In such a configuration, the converter drive voltage applied to the converter drive voltage application terminal 9 is not shown in the figure via the floating impedance 24, the coil 21, and the satellite broadcast signal input terminal 2 as in the conventional case. Supplied to the converter. On the other hand, the signal in the band lower than the satellite broadcast receiving band input from the converter (not shown) via the satellite broadcast signal input terminal 2 is passed to the LPF 23, and at the output end 17 of the HP F 16 compared to the conventional one. It decays rapidly. As a result, signals in the band below the satellite broadcasting reception band are blocked from being input to the circuit in the subsequent stage from the output terminal 17 of the HPF 16, and the interference of these signals in the circuit in the subsequent stage is sufficiently reduced compared to the conventional case. Can be prevented.

[0014]

[Effect of device]

 As described above, according to the present invention, it is possible to sufficiently remove the signal in the band lower than the satellite broadcast receiving band with a simple circuit configuration.
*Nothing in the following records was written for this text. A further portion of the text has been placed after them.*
-- ===== src/Cache/Target.antt =====
-- internal/cache/target.go: the lookups of the router.
use event_gateway.Common.{ℕ, String, Option, none, some, List, map, string_key, at_key}
use event_gateway.PathTree.Defs.{Node}
use event_gateway.PathTree.Resolve.{Params, resolve}
use event_gateway.Resource.{Function, EventType, Cors}
use event_gateway.Service.Subscriptions.{FunctionKey}
use event_gateway.Cache.Keyed.{FunctionCache, EventTypeCache, function_key, event_type_key}
use event_gateway.Cache.Subscribers.{SubscriptionCache, inner, keys_or_none}
use event_gateway.Cache.Origins.{CorsCache}

pub record Target : Type 0 where
  pub event_types : EventTypeCache
  pub functions : FunctionCache
  pub subscriptions : SubscriptionCache
  pub corses : CorsCache

-- router.SyncSubscriber
pub record SyncSubscriber : Type 0 where
  pub space : String
  pub function_id : String
  pub params : Option Params

-- router.AsyncSubscriber
pub record AsyncSubscriber : Type 0 where
  pub space : String
  pub function_id : String

unfoldable pub event_type_of : Target → String → String → Option EventType
event_type_of t space name = at_key t.event_types (record { space = space; name = name })

unfoldable pub function_of : Target → String → String → Option Function
function_of t space id = at_key t.functions (record { space = space; id = id })

abbrev pub subscriber_from : Option FunctionKey × Option Params → Option SyncSubscriber
subscriber_from (none, params) = none
subscriber_from (some key, params) =
    some (record { space = key.space; function_id = key.id; params = params })

-- The answer of a tree, if there is one.
abbrev pub ask : {A V : Type 0} → (Node V → Option A) → Option (Node V) → Option A
ask question none = none
ask question (some root) = question root

unfoldable pub sync_subscriber :
    (ℕ → ℕ) → Target → (method path event_type : String) → Option SyncSubscriber
sync_subscriber choice t method path event_type =
    ask (λ root. subscriber_from (resolve choice path root))
      (at_key (inner t.subscriptions.sync method) event_type)

abbrev pub async_of : FunctionKey → AsyncSubscriber
async_of key = record { space = key.space; function_id = key.id }

unfoldable pub async_subscribers : Target → (method path event_type : String) → List AsyncSubscriber
async_subscribers t method path event_type =
    map async_of
      (keys_or_none (at_key (inner (inner t.subscriptions.async method) path) event_type))

unfoldable pub cors_of : (ℕ → ℕ) → Target → (method path : String) → Option Cors
cors_of choice t method path = ask (λ root. (resolve choice path root).0) (at_key t.corses method)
Therefore, it is possible to prevent these signals from interfering with the circuit in the subsequent stage.

[Brief description of drawings]

FIG. 1 is a satellite broadcast receiver 19 according to an embodiment of the present invention.
FIG. 3 is a block diagram showing a configuration of a main part of an input unit 20 that configures FIG.

FIG. 2 is a circuit diagram showing a configuration of LPF 23.
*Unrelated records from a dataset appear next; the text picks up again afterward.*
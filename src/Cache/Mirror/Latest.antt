-- ===== src/Cache/Mirror/Latest.antt =====
-- What the watcher and the function cache make of a sequence of batches of updates.
use event_gateway.Common.{
  String, ◌≡◌, ◌≢◌, ◌⊎◌, refl, sym, ap, ◌∙◌, subst, false, Option, none, some, List, [], ◌∷◌, ◌++◌,
  ◌==◌, eq_iff, Bool-cases, inl, inr, if◌then◌else◌, string_key, Dict, at_key, at_key-set_key,
  at_key-delete_key, NoSlash, ◌<+>◌, append-ne_self, ne_test, All,
}
use event_gateway.Resource.{Function}
use event_gateway.Service.Defs.{Codec, resource_key}
use event_gateway.Service.Integrity.Keys.{resource_key-ne-nil}
use event_gateway.Cache.Watcher.{
  Pair, Event, send, process_pair, process_pairs, process_events, react, react_event, proceed,
  Reactor,
}
use event_gateway.Cache.Keyed.{FunctionCache, function_key, function_reactor}
use event_gateway.Cache.Target.{Target, function_of}
use event_gateway.Cache.Mirror.{decode_value, Mirrors, IsFunctionPair, Followed, send-Followed}

proceed_assoc :
    {A C D : Type 0} (o : Option A) (f : A → Option C) (g : C → Option D)
    → proceed o (λ a. proceed (f a) g) ≡ proceed (proceed o f) g
proceed_assoc none f g = refl
proceed_assoc (some a) f g = refl

react-append :
    {B C : Type 0} (reactor : Reactor B C) (path : String) (xs ys : List (Event B)) (c : C)
    → react reactor path (xs ++ ys) c ≡ proceed (react reactor path xs c) (react reactor path ys)
unfolding react
react-append reactor path [] ys c = refl
react-append reactor path (x ∷ xs) ys c =
    (λ i. proceed (react_event reactor path x c) (λ next. react-append reactor path xs ys next i))
    ∙ proceed_assoc (react_event reactor path x c) (react reactor path xs) (react reactor path ys)

module _ {B : Type 0} where
  -- The last value that the updates give a key; none after a removal.
  abbrev pub latest : String → List (Pair B) → Option B → Option B
  latest k [] old = old
  latest k (kv ∷ kvs) old = latest k kvs (if kv.key == k then kv.value else old)

  abbrev pub latest_all : String → List (List (Pair B)) → Option B → Option B
  latest_all k [] old = old
  latest_all k (batch ∷ batches) old = latest_all k batches (latest k batch old)

  at_key-send :
      (key k : String) (new old : Option B) (cache : Dict String B)
      → at_key cache key ≡ old
      → at_key (send key new old cache).1 k ≡ (if key == k then new else at_key cache k)
  at_key-send key k (some v) old cache e = at_key-set_key cache key k v
  at_key-send key k none (some v) cache e = at_key-delete_key cache key k
  at_key-send key k none none cache e = elim (Bool-cases (key == k)) [
    | inl here ↦ rw here (ap (at_key cache) (sym ((eq_iff key k).0 here)) ∙ e)
    | inr off ↦ rw off refl
  ]

  at_key-process_pair :
      (path k : String) (kv : Pair B) (cache : Dict String B)
      → path ≢ k
      → at_key (process_pair path kv cache).1 k ≡ (if kv.key == k then kv.value else at_key cache k)
  unfolding process_pair
  at_key-process_pair path k kv cache other = elim (Bool-cases (kv.key == path)) [
    | inl here ↦
        let differ : (kv.key == k) ≡ false =
          ne_test kv.key k (λ e. other (sym ((eq_iff kv.key path).0 here) ∙ e)) in
        rw (here, differ) refl
    | inr off ↦ rw off (at_key-send kv.key k kv.value _ cache refl)
  ]

  at_key-process_pairs :
      (path k : String) (kvs : List (Pair B)) (cache : Dict String B)
      → path ≢ k
      → at_key (process_pairs path kvs cache).1 k ≡ latest k kvs (at_key cache k)
  unfolding process_pairs
  at_key-process_pairs path k [] cache other = refl
  at_key-process_pairs path k (kv ∷ kvs) cache other =
      at_key-process_pairs path k kvs (process_pair path kv cache).1 other
      ∙ ap (latest k kvs) (at_key-process_pair path k kv cache other)

  -- The cache of a watcher has the last value of each key but that of the directory.
  pub at_key-process_events :
      (path k : String) (batches : List (List (Pair B))) (cache : Dict String B)
      → path ≢ k
      → at_key (process_events path batches cache).1 k ≡ latest_all k batches (at_key cache k)
  unfolding process_events
  at_key-process_events path k [] cache other = refl
  at_key-process_events path k (batch ∷ batches) cache other =
      at_key-process_events path k batches (process_pairs path batch cache).1 other
      ∙ ap (latest_all k batches) (at_key-process_pairs path k batch cache other)

module _ {B : Type 0} (codec : Codec Function B) (path : String) where
  -- What the watcher of the functions is sent: the directory, or a function.
  abbrev pub IsOfFunctions : Pair B → Type 0
  IsOfFunctions kv = (kv.key ≡ path) ⊎ IsFunctionPair codec path kv

  pair-Followed :
      (kv : Pair B) (values : Dict String B) (functions : FunctionCache)
      → IsOfFunctions kv
      → Mirrors codec path values functions
      → Followed codec path (process_pair path kv values) functions
  unfolding process_pair react
  pair-Followed kv values functions (inl directory) m =
      rw ((eq_iff kv.key path).1 directory) (functions, refl, m)
  pair-Followed kv values functions (inr of) m =
      let off : (kv.key == path) ≡ false = ne_test kv.key path (λ e.
        append-ne_self path (resource_key of.space of.id) (resource_key-ne-nil of.space of.id)
          (sym of.key ∙ e)) in
      rw off (
        subst (λ k. Followed codec path (send k kv.value (at_key values kv.key) values) functions)
          (sym of.key)
          (send-Followed codec path of.space of.id kv.value (at_key values kv.key) values functions
            of.space_plain of.id_plain of.json m))

  append-Followed :
      (xs ys : List (Event B)) (middle last : Dict String B) (functions : FunctionCache)
      → Followed codec path (xs, middle) functions
      → ((next : FunctionCache)
          → Mirrors codec path middle next
          → Followed codec path (ys, last) next)
      → Followed codec path (xs ++ ys, last) functions
  append-Followed xs ys middle last functions (next, first, m) more =
      let (end, second, final) = more next m in
      (
        end,
        react-append (function_reactor codec) path xs ys functions
            ∙ ap (λ o. proceed o (react (function_reactor codec) path ys)) first
            ∙ second,
        final,
      )

  pairs-Followed :
      (kvs : List (Pair B)) (values : Dict String B) (functions : FunctionCache)
      → All IsOfFunctions kvs
      → Mirrors codec path values functions
      → Followed codec path (process_pairs path kvs values) functions
  unfolding process_pairs react
  pairs-Followed [] values functions all m = (functions, refl, m)
  pairs-Followed (kv ∷ kvs) values functions all m =
      append-Followed _ _ (process_pair path kv values).1 _ functions
        (pair-Followed kv values functions all.0 m)
        (λ next here. pairs-Followed kvs (process_pair path kv values).1 next all.1 here)

  events-Followed :
      (batches : List (List (Pair B))) (values : Dict String B) (functions : FunctionCache)
      → All (All IsOfFunctions) batches
      → Mirrors codec path values functions
      → Followed codec path (process_events path batches values) functions
  unfolding process_events react
  events-Followed [] values functions all m = (functions, refl, m)
  events-Followed (batch ∷ batches) values functions all m =
      append-Followed _ _ (process_pairs path batch values).1 _ functions
        (pairs-Followed batch values functions all.0 m)
        (λ next here. events-Followed batches (process_pairs path batch values).1 next all.1 here)

  -- However the updates of the functions' directory come in batches, the watcher and the cache follow
  -- them without a panic, and then `Function` of the target returns for a space and an ID without slashes
  -- the function that the last value under their key is JSON of, and nothing if the last update removed it
  -- or there was none. Each update is of the directory itself, or of a key "space/id" with JSON of a
  -- function or with no value.
  pub function_of-process_events :
      (batches : List (List (Pair B))) (t : Target) (space id : String)
      → All (All IsOfFunctions) batches
      → NoSlash space
      → NoSlash id
      → (functions : FunctionCache) × (react
            (function_reactor codec)
            path
            (process_events path batches []).0
            []
          ≡ some functions)
        × (function_of (record t { functions = functions }) space id
            ≡ decode_value codec (latest_all (path <+> resource_key space id) batches none))
  unfolding function_of at_key
  function_of-process_events batches t space id all hs hi =
      let (functions, done, mirror) = events-Followed batches [] [] all (λ space id hs hi. refl) in
      (
        functions,
        done,
        mirror space id hs hi
            ∙ ap (decode_value codec) (
                at_key-process_events path (path <+> resource_key space id) batches [] (λ e.
                  append-ne_self path (resource_key space id) (resource_key-ne-nil space id)
                    (sym e))),
      )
FIG. 3 is a diagram illustrating an example of pass band characteristics of an LPF 23.

FIG. 4 is a satellite broadcast signal input terminal 2 and an HPF 1 shown in FIG.
It is a figure showing an example of the pass band characteristic between 6 and the output end 17.

FIG. 5 is a block diagram showing a configuration example of a conventional satellite broadcast receiver 1.
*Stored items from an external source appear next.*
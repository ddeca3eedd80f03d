-- ===== src/PathTree/Children.antt =====
-- The laws of the map of children.
use event_gateway.Common.{
  String, ◌≡◌, ◌≢◌, refl, Option, none, some, ◌==◌, eq_iff, arith, if◌then◌else◌,
}
use event_gateway.PathTree.Defs.{
  Node, Children, nil, entry, node, get, put, delete, children, value, replace, with_children,
  with_value,
}

module _ {V : Type 0} where
  pub get-put :
      (k j : String) (n : Node V) (cs : Children V)
      → get j (put k n cs) ≡ (if k == j then some n else get j cs)
  unfolding get put
  get-put k j n nil = refl
  get-put k j n (entry i m cs) =
      ground (arith, eq_iff k j, eq_iff i k, eq_iff i j, get-put k j n cs)

  pub get-delete :
      (k j : String) (cs : Children V) → get j (delete k cs) ≡ (if k == j then none else get j cs)
  unfolding get delete
  get-delete k j nil = ground arith
  get-delete k j (entry i m cs) =
      ground (arith, eq_iff k j, eq_iff i k, eq_iff i j, get-delete k j cs)

  pub children-replace :
      (s : String) (n child : Node V) → children (replace s n child) ≡ put s child (children n)
  children-replace s (node _ cs p st pa wi v) child = refl

  pub value-replace : (s : String) (n child : Node V) → value (replace s n child) ≡ value n
  value-replace s (node _ cs p st pa wi v) child = refl

  pub children-with_value : (v : Option V) (n : Node V) → children (with_value v n) ≡ children n
  children-with_value v (node _ cs p st pa wi w) = refl

  pub value-with_value : (v : Option V) (n : Node V) → value (with_value v n) ≡ v
  value-with_value v (node _ cs p st pa wi w) = refl

  pub children-with_children : (cs : Children V) (n : Node V) → children (with_children cs n) ≡ cs
  children-with_children cs (node _ _ p st pa wi w) = refl

  pub value-with_children : (cs : Children V) (n : Node V) → value (with_children cs n) ≡ value n
  value-with_children cs (node _ _ p st pa wi w) = refl

  pub get-entry_self :
      (k s : String) (n : Node V) (cs : Children V) → k ≡ s → get s (entry k n cs) ≡ some n
  unfolding get
  get-entry_self k s n cs e = ground (arith, eq_iff k s)

  pub get-entry_ne :
      (k s : String) (n : Node V) (cs : Children V) → k ≢ s → get s (entry k n cs) ≡ get s cs
  unfolding get
  get-entry_ne k s n cs h = ground (arith, eq_iff k s)

  pub get-put_ne :
      (k j : String) (n : Node V) (cs : Children V)
      → get j cs ≡ none
      → k ≢ j
      → get j (put k n cs) ≡ none
  get-put_ne k j n cs e h = ground (arith, get-put k j n cs, eq_iff k j)

  pub get-delete-none :
      (k j : String) (cs : Children V) → get j cs ≡ none → get j (delete k cs) ≡ none
  get-delete-none k j cs e = ground (arith, get-delete k j cs)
FIG. 6 is a block diagram showing a configuration example of a main part of an input unit 3 which constitutes the conventional satellite broadcast receiver 1.

FIG. 7 is a satellite broadcast signal input terminal 2 and HPF1 shown in FIG.
It is a figure showing an example of the pass band characteristic between 6 and the output end 17.

FIG. 8 is a diagram showing an example of a broadcast signal input from a satellite broadcast signal input terminal 2 of a conventional satellite broadcast receiver 1.

[Explanation of symbols]

 1, 19 Satellite Broadcast Receiver 2 Satellite Broadcast Signal Input Terminal 3, 20 Input Section 9 Converter Driving Voltage Applying Terminal 10 DC Power Supply 12 Bypass Capacitor 13, 14, 22 Capacitor 15, 21 Coil 16 HPF 17 Output Terminal 18 High Frequency Amplifier 23 LPF 24 stray impedance

Claims (1)

[Scope of utility model registration request] 1. A satellite broadcast signal input terminal to which a satellite broadcast signal is input, a converter drive voltage application terminal to which a converter drive voltage of a predetermined voltage is applied from an external DC power supply, and the satellite broadcast signal input terminal. A low-pass filter inserted between the converter drive voltage application terminal and passing a signal in a band lower than the satellite broadcast reception band to the converter drive voltage application terminal side, and an input terminal for inputting the satellite broadcast signal input. A satellite broadcast receiver comprising an input unit connected to a terminal, the input unit having a high-pass filter that allows signals in a band above the satellite broadcast reception band to pass therethrough.